> **Task instructions**
Count up the lines below in which the string "pure" appears. The reply should be that number alone.

Stored items
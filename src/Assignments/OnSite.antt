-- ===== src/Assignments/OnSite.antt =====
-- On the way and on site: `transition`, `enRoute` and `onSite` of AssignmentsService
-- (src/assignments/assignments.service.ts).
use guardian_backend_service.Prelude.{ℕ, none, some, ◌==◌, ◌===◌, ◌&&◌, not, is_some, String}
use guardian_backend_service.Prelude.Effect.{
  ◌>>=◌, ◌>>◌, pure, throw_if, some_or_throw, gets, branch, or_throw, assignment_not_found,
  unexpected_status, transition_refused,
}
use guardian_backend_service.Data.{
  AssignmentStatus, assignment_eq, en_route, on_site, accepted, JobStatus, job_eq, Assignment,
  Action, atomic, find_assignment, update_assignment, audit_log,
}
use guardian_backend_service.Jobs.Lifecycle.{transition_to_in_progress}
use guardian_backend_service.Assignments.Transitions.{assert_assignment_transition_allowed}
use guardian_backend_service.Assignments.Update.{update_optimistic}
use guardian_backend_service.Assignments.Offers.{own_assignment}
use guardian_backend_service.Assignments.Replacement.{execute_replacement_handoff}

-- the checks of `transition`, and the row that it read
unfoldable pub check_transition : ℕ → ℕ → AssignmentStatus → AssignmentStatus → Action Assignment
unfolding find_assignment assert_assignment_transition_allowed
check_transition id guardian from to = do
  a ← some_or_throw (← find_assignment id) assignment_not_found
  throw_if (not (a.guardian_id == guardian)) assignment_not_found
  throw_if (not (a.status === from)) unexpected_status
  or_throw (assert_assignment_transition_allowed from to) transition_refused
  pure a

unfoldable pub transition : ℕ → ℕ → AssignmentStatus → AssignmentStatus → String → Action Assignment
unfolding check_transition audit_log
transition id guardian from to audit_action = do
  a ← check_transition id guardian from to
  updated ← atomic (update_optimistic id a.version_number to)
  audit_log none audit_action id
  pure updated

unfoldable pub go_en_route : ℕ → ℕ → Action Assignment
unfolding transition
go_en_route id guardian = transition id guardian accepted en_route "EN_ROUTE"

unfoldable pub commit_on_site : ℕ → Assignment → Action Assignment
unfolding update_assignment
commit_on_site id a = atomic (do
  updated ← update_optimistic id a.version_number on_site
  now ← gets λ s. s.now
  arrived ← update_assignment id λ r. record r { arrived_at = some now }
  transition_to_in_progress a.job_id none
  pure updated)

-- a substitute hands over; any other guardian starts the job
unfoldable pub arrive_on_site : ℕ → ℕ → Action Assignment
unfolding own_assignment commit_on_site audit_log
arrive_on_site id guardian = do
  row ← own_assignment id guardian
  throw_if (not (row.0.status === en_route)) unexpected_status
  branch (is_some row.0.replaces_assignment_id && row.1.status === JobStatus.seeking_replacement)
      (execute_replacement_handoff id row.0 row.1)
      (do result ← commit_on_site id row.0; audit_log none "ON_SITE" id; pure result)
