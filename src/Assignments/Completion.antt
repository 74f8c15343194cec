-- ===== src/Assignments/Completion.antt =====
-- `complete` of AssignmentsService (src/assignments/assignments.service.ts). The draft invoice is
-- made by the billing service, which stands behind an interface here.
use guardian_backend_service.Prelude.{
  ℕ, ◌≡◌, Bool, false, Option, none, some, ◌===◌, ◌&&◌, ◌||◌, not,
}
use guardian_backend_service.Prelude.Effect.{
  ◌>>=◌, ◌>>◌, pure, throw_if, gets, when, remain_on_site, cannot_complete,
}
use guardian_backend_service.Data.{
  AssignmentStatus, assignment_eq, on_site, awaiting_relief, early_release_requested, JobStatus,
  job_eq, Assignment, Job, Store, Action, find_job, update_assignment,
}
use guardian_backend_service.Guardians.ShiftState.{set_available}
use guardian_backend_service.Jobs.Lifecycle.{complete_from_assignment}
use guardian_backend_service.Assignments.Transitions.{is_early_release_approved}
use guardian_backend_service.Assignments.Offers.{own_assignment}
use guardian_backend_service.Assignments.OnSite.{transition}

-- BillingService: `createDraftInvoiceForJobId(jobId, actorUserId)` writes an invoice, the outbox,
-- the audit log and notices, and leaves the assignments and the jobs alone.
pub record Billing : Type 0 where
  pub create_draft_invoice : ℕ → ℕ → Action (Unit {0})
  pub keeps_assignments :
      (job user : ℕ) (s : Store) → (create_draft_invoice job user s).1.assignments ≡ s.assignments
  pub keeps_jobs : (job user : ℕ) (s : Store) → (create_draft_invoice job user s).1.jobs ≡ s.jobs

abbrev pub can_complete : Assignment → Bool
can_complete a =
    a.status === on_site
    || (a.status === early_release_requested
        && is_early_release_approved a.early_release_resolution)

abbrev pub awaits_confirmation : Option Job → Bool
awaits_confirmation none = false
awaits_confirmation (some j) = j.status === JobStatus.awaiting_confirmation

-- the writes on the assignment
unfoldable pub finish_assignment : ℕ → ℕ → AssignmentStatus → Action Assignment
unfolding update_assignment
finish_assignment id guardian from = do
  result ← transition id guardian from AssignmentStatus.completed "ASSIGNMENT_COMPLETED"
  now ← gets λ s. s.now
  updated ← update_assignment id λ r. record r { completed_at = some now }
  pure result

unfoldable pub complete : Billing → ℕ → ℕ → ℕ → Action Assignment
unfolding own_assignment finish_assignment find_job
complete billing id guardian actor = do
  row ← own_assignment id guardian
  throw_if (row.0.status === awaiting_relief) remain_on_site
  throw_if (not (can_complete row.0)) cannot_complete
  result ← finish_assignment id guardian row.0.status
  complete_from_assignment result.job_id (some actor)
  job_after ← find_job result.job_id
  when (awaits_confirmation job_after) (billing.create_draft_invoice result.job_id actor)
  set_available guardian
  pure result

> **Your solution**
8